Henrik Bruus is a professor, section head, and the head of BSc studies for the Department of Physics at the Technical University of Denmark (DTU). He received his PhD degree in physics from the Niels Bohr Institute, University of Copenhagen, in 1990, and then worked as a postdoctoral researcher at the Nordic Institute of Theoretical Physics from 1990 to 1992, at Yale University from 1992 to 1994, and for the French National Centre for Scientific Research (CNRS) lab in Grenoble from 1994 to 1996. He returned to the Niels Bohr Institute as an associate professor from 1997 to 2001, before moving to TKU in 2001. There, he became a full professor of lab-on-a-chip systems in 2005 and of theoretical physics in 2012.
His current research interests comprise micro/nanofluidics, acoustofluidics, electrokinetics, the physics of on-chip cell manipulation, the motion of sugar in living plants, and topology-optimized microflows.
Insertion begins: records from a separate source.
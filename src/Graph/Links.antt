-- ===== src/Graph/Links.antt =====
-- The checks of internal/transport/graph/transport.go on the next links that a page names:
-- validMessagesNextLink, validAttachmentsNextLink and validCalendarViewNextLink. The base URL is the
-- parsed one of the configuration.
use outlook_agent.Prelude.{
  Bool, Option, Result, String, arith, eq_iff, err, false, if◌then◌else◌, none, not, ok, refl, some,
  true, ◌&&◌, ◌==◌, ◌||◌, ◌≡◌,
}
use outlook_agent.Prelude.Text.{
  contains, has_prefix, is_blank, trim_prefix, trim_space, trim_slashes,
}
use outlook_agent.Url.{Parser, Url}

pub data LinkError : Type 0 where
  missing invalid userinfo wrong_host outside_base not_allowed : LinkError

unfoldable pub is_allowed_messages_next_path : String → Bool
is_allowed_messages_next_path path =
    has_prefix "/me/messages" path
    || (has_prefix "/me/mailFolders/" path && contains "/messages" path)
    || (has_prefix "/users/" path && contains "/messages" path)

unfoldable pub is_allowed_attachments_next_path : String → Bool
is_allowed_attachments_next_path path =
    (has_prefix "/me/messages/" path && contains "/attachments" path)
    || (has_prefix "/users/" path && contains "/messages/" path && contains "/attachments" path)

unfoldable pub is_allowed_calendar_view_next_path : String → Bool
is_allowed_calendar_view_next_path path =
    has_prefix "/me/calendarView" path
    || (has_prefix "/users/" path && contains "/calendarView" path)

-- the path of the link, less the path of the base
unfoldable pub relative_path : Url → Url → String
relative_path base u = trim_prefix (trim_slashes base.escaped_path) u.escaped_path

module _ (parse : Parser) (base : Url) where
  abbrev checked : (String → Bool) → Option Url → Result LinkError String
  checked allowed none = err invalid
  checked allowed (some u) =
      if u.scheme == ""
      then err invalid
      else if u.has_user
      then err userinfo
      else if not (u.scheme == base.scheme) || not (u.host == base.host)
      then err wrong_host
      else if not (has_prefix "/" (relative_path base u))
      then err outside_base
      else if not (allowed (relative_path base u))
      then err not_allowed
      else ok u.spelling

  -- validGraphNextLink, and validMessagesNextLink, which differs in its messages
  unfoldable pub valid_graph_next_link : (String → Bool) → String → Result LinkError String
  unfolding relative_path
  valid_graph_next_link allowed link =
      if is_blank link then err missing else checked allowed (parse (trim_space link))

  unfoldable pub valid_messages_next_link : String → Result LinkError String
  unfolding valid_graph_next_link is_allowed_messages_next_path
  valid_messages_next_link link = valid_graph_next_link is_allowed_messages_next_path link

  unfoldable pub valid_attachments_next_link : String → Result LinkError String
  unfolding valid_graph_next_link is_allowed_attachments_next_path
  valid_attachments_next_link link = valid_graph_next_link is_allowed_attachments_next_path link

  unfoldable pub valid_calendar_view_next_link : String → Result LinkError String
  unfolding valid_graph_next_link is_allowed_calendar_view_next_path
  valid_calendar_view_next_link link = valid_graph_next_link is_allowed_calendar_view_next_path link

  -- the link of a URL without userinfo, on the scheme and the host of the base, with an allowed path
  abbrev pub IsHome : (String → Bool) → String → String → Type 0
  IsHome allowed link out =
      (u : Url) × (parse (trim_space link) ≡ some u)
      × (out ≡ u.spelling)
      × (u.has_user ≡ false)
      × (u.scheme ≡ base.scheme)
      × (u.host ≡ base.host)
      × (allowed (relative_path base u) ≡ true)

  checked-IsHome :
      (allowed : String → Bool) (link out : String) (o : Option Url)
      → parse (trim_space link) ≡ o
      → checked allowed o ≡ ok out
      → IsHome allowed link out
  checked-IsHome allowed link out none p e = ground arith
  checked-IsHome allowed link out (some u) p e = (
    u,
    p,
    ground arith,
    ground arith,
    ground (arith, eq_iff u.scheme base.scheme),
    ground (arith, eq_iff u.host base.host),
    ground arith,
  )

  -- A next link that the Graph transport follows parses as a URL with no userinfo, with the scheme and
  -- the host of the configured base, and with a path of the pages it is asked for, and it is followed
  -- as that URL is spelled.
  pub valid_next_link-IsHome :
      (allowed : String → Bool) (link out : String)
      → valid_graph_next_link allowed link ≡ ok out
      → IsHome allowed link out
  unfolding valid_graph_next_link
  valid_next_link-IsHome allowed link out e =
      checked-IsHome allowed link out (parse (trim_space link)) refl (ground arith)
He has (co)authored more than 170 journal papers on condensed matter physics and microfluidics, 230 conference papers, and two monographs, the latest being "Theoretical Microfluidics", Oxford University Press (2008).
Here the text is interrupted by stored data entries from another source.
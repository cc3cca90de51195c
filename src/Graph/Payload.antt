-- ===== src/Graph/Payload.antt =====
-- The helpers of internal/transport/graph/transport.go that read a payload.
use outlook_agent.Prelude.{
  Bool, List, Option, String, [], if◌then◌else◌, nat_eq, none, some, ℕ, ◌==◌, ◌||◌, ◌∷◌,
}
use outlook_agent.Prelude.Text.{drop_letter, is_one_of, to_lower, trim_space}
use outlook_agent.Value.{
  Fields, Items, Value, array, as_text, bool, cons, get_field, lookup_field, nil, strings, text,
}
use outlook_agent.Policy.{SafetyClass, reversible_bulk, reversible_single_item}

-- stringValue
unfoldable pub string_value : Fields → String → String → String
string_value values key fallback =
    let value = as_text (get_field key values) in if value == "" then fallback else value

abbrev as_bool : Option Value → Option Bool
as_bool (some (bool b)) = some b
as_bool o = none

-- boolValue; `none` where its second result is false
unfoldable pub bool_value : Fields → String → Option Bool
bool_value values key = as_bool (lookup_field key values)

abbrev pub add_text : Value → List String → List String
add_text (text s) rest = s ∷ rest
add_text v rest = rest

unfoldable pub texts_of : Items → List String
texts_of nil = []
texts_of (cons v items) = add_text v (texts_of items)

-- stringSlice
unfoldable pub string_slice : Value → List String
unfolding texts_of
string_slice (strings xs) = xs
string_slice (array items) = texts_of items
string_slice v = []

abbrev id_or_none : String → List String
id_or_none id = if id == "" then [] else id ∷ []

abbrev pub single_id : Fields → List String
single_id payload =
    let id = trim_space (string_value payload "id" "") in
    if id == "" then id_or_none (trim_space (string_value payload "message_id" "")) else id ∷ []

abbrev pub ids_or_single : Fields → List String → List String
ids_or_single payload [] = single_id payload
ids_or_single payload (id ∷ ids) = id ∷ ids

-- messageIDs
unfoldable pub message_ids : Fields → List String
unfolding string_slice string_value
message_ids payload = ids_or_single payload (string_slice (get_field "ids" payload))

-- normalizeGraphFlagStatus; `none` is its error
unfoldable pub normalize_flag_status : String → Option String
normalize_flag_status value =
    let normalized = to_lower (trim_space (drop_letter 45 (drop_letter 95 value))) in
    if normalized == "flagged"
    then some "flagged"
    else if normalized == "complete" || normalized == "completed"
    then some "complete"
    else if is_one_of ("notflagged" ∷ "clear" ∷ "none" ∷ []) normalized
    then some "notFlagged"
    else none

-- normalizeCalendarResponse; `none` is its error
unfoldable pub normalize_calendar_response : String → Option (String × String)
normalize_calendar_response value =
    let normalized = to_lower (trim_space (drop_letter 45 (drop_letter 95 value))) in
    if is_one_of ("accept" ∷ "accepted" ∷ []) normalized
    then some ("accept", "accept")
    else if is_one_of ("decline" ∷ "declined" ∷ []) normalized
    then some ("decline", "decline")
    else if is_one_of ("tentative" ∷ "tentativelyaccept" ∷ "tentativelyaccepted" ∷ []) normalized
    then some ("tentative", "tentativelyAccept")
    else none

-- isReversibleMessageMutation
unfoldable pub is_reversible_message_mutation : String → Bool
is_reversible_message_mutation action =
    is_one_of
      ("mail.move_to_folder" ∷ "mail.archive" ∷ "mail.flag" ∷ "mail.categorize" ∷ "mail.mark_read"
        ∷ [])
      action

unfoldable pub reversible_class_for_count : ℕ → SafetyClass
reversible_class_for_count count =
    if nat_eq count 1 then reversible_single_item else reversible_bulk

unfoldable pub allowed_raw_graph_method : String → Bool
allowed_raw_graph_method method =
    is_one_of ("GET" ∷ "POST" ∷ "PATCH" ∷ "PUT" ∷ "DELETE" ∷ []) method

-- mailboxTarget
unfoldable pub mailbox_target : Fields → String
unfolding string_value
mailbox_target payload =
    let mailbox = trim_space (string_value payload "mailbox" "") in
    if mailbox == "" then trim_space (string_value payload "user_id" "") else mailbox

-- mailSearchFolderID
unfoldable pub mail_search_folder_id : Fields → String
unfolding string_value
mail_search_folder_id payload =
    let folder = trim_space (string_value payload "folder" "") in
    if folder == "" then string_value payload "folder_id" "inbox" else folder

unfoldable pub allowed_mailbox_setting : String → Bool
allowed_mailbox_setting setting =
    is_one_of
      ("automaticRepliesSetting" ∷ "dateFormat" ∷ "delegateMeetingMessageDeliveryOptions"
        ∷ "language" ∷ "timeFormat" ∷ "timeZone" ∷ "workingHours" ∷ "userPurpose" ∷ [])
      setting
Anton Melnikov holds a Dipl.-Ing. degree in mechanical engineering from the Technical University of Dresden (2012) and an M.Eng. degree in computational applied mechanics from the University of Applied Sciences Ingolstadt (2016). He obtained his doctoral degree from the Technical University of Munich in 2021 for his research on noise control and acoustic metamaterials. His expertise lies in the numerical modeling of multidomain problems. He worked at Fraunhofer IPMS before joining Bosch Sensortec GmbH, where he currently specializes in microacoustic MEMS devices.